◆ WHAT IS BEING ASKED:
Within the records below, reproduce without change the lines from the line that has "select_first p (x" through the line that has "select p (x", and only those.

DATA SUPPLIED Start Marker

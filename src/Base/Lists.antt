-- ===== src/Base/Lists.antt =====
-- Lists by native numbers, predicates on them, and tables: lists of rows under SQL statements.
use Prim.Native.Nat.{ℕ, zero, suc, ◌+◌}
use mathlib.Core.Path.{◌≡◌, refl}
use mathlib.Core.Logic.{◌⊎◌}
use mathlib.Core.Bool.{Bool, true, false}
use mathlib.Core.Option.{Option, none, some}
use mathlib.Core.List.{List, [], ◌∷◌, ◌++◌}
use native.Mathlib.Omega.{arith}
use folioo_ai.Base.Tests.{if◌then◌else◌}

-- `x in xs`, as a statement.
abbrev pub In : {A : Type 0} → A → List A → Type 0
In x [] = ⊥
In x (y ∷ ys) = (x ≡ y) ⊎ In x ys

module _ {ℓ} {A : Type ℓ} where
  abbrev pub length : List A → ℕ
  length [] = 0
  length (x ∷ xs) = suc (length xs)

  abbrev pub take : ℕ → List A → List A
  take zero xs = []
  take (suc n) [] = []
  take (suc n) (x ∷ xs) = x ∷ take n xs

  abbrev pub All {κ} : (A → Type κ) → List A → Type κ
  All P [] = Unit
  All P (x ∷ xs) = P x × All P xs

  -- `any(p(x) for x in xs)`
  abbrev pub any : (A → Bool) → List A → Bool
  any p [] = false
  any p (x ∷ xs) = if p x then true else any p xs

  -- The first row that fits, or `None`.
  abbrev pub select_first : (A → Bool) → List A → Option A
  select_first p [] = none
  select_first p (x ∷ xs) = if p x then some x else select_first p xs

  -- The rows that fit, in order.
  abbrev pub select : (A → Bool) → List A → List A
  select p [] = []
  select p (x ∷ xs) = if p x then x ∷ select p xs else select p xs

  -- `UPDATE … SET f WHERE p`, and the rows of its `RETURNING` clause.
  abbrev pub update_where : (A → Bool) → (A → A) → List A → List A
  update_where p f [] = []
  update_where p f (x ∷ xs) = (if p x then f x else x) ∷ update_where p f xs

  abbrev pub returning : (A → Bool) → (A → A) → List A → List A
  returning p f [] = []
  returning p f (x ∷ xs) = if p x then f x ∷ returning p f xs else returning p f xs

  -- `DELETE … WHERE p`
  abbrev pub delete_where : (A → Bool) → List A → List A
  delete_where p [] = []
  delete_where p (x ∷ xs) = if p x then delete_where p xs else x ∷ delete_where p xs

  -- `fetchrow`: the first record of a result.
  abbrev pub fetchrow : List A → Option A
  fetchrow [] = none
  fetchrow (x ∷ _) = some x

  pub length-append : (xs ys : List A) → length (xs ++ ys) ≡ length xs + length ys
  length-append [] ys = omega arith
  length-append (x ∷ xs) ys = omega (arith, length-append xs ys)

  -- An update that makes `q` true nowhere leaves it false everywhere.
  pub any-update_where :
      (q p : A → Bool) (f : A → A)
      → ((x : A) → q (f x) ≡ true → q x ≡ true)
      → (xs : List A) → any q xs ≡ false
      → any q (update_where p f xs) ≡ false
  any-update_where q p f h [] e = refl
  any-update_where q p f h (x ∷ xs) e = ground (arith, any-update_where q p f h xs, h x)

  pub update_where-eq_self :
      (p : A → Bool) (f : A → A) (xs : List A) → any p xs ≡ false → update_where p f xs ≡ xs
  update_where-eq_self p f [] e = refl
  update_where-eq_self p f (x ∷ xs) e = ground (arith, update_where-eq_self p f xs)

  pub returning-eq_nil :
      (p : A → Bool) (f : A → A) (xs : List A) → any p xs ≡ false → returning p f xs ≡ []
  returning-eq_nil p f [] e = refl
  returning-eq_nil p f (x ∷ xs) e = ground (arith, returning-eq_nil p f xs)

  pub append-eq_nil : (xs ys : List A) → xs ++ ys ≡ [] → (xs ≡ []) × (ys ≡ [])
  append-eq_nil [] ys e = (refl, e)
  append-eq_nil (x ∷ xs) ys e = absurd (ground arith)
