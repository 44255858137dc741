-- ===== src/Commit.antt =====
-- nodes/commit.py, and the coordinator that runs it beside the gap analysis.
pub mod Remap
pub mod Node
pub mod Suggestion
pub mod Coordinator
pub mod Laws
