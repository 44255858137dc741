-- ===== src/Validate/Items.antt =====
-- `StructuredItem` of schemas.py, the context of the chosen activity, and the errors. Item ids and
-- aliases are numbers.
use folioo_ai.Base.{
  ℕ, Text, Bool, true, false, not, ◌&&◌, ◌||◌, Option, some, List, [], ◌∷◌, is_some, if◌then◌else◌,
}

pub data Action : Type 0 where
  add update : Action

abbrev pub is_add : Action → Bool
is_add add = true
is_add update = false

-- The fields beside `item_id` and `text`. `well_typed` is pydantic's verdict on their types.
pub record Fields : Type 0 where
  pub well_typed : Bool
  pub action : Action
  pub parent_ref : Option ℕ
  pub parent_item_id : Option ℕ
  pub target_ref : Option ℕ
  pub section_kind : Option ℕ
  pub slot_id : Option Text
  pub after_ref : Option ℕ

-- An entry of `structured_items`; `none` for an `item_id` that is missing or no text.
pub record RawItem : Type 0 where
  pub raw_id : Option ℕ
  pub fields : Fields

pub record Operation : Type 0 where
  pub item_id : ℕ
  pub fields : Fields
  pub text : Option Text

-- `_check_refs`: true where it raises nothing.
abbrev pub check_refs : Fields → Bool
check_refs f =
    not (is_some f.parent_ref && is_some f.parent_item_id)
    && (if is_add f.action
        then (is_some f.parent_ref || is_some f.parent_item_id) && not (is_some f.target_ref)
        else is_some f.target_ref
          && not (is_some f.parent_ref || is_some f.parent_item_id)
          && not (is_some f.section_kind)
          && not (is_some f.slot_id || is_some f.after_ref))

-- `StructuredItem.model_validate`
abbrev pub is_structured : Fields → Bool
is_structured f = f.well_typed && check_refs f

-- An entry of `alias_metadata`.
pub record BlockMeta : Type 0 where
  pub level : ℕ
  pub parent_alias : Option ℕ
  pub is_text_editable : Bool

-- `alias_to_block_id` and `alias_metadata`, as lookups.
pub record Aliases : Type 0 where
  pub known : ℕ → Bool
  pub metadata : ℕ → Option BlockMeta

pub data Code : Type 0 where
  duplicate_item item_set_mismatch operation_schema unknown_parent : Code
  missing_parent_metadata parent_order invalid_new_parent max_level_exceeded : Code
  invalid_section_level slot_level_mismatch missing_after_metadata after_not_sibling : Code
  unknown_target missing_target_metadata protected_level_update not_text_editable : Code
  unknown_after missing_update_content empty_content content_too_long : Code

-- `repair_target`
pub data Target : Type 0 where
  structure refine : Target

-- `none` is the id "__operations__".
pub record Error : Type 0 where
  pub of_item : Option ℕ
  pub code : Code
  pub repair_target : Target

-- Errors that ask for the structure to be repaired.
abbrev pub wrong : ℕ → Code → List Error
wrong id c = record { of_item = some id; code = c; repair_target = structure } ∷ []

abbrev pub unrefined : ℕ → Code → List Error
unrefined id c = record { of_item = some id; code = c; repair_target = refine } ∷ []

DATA SUPPLIED End Marker

◆ OUTPUT OF THE EXERCISE:
  select_first p (x ∷ xs) = if p x then some x else select_first p xs

  -- The rows that fit, in order.
  abbrev pub select : (A → Bool) → List A → List A
  select p [] = []
  select p (x ∷ xs) = if p x then x ∷ select p xs else select p xs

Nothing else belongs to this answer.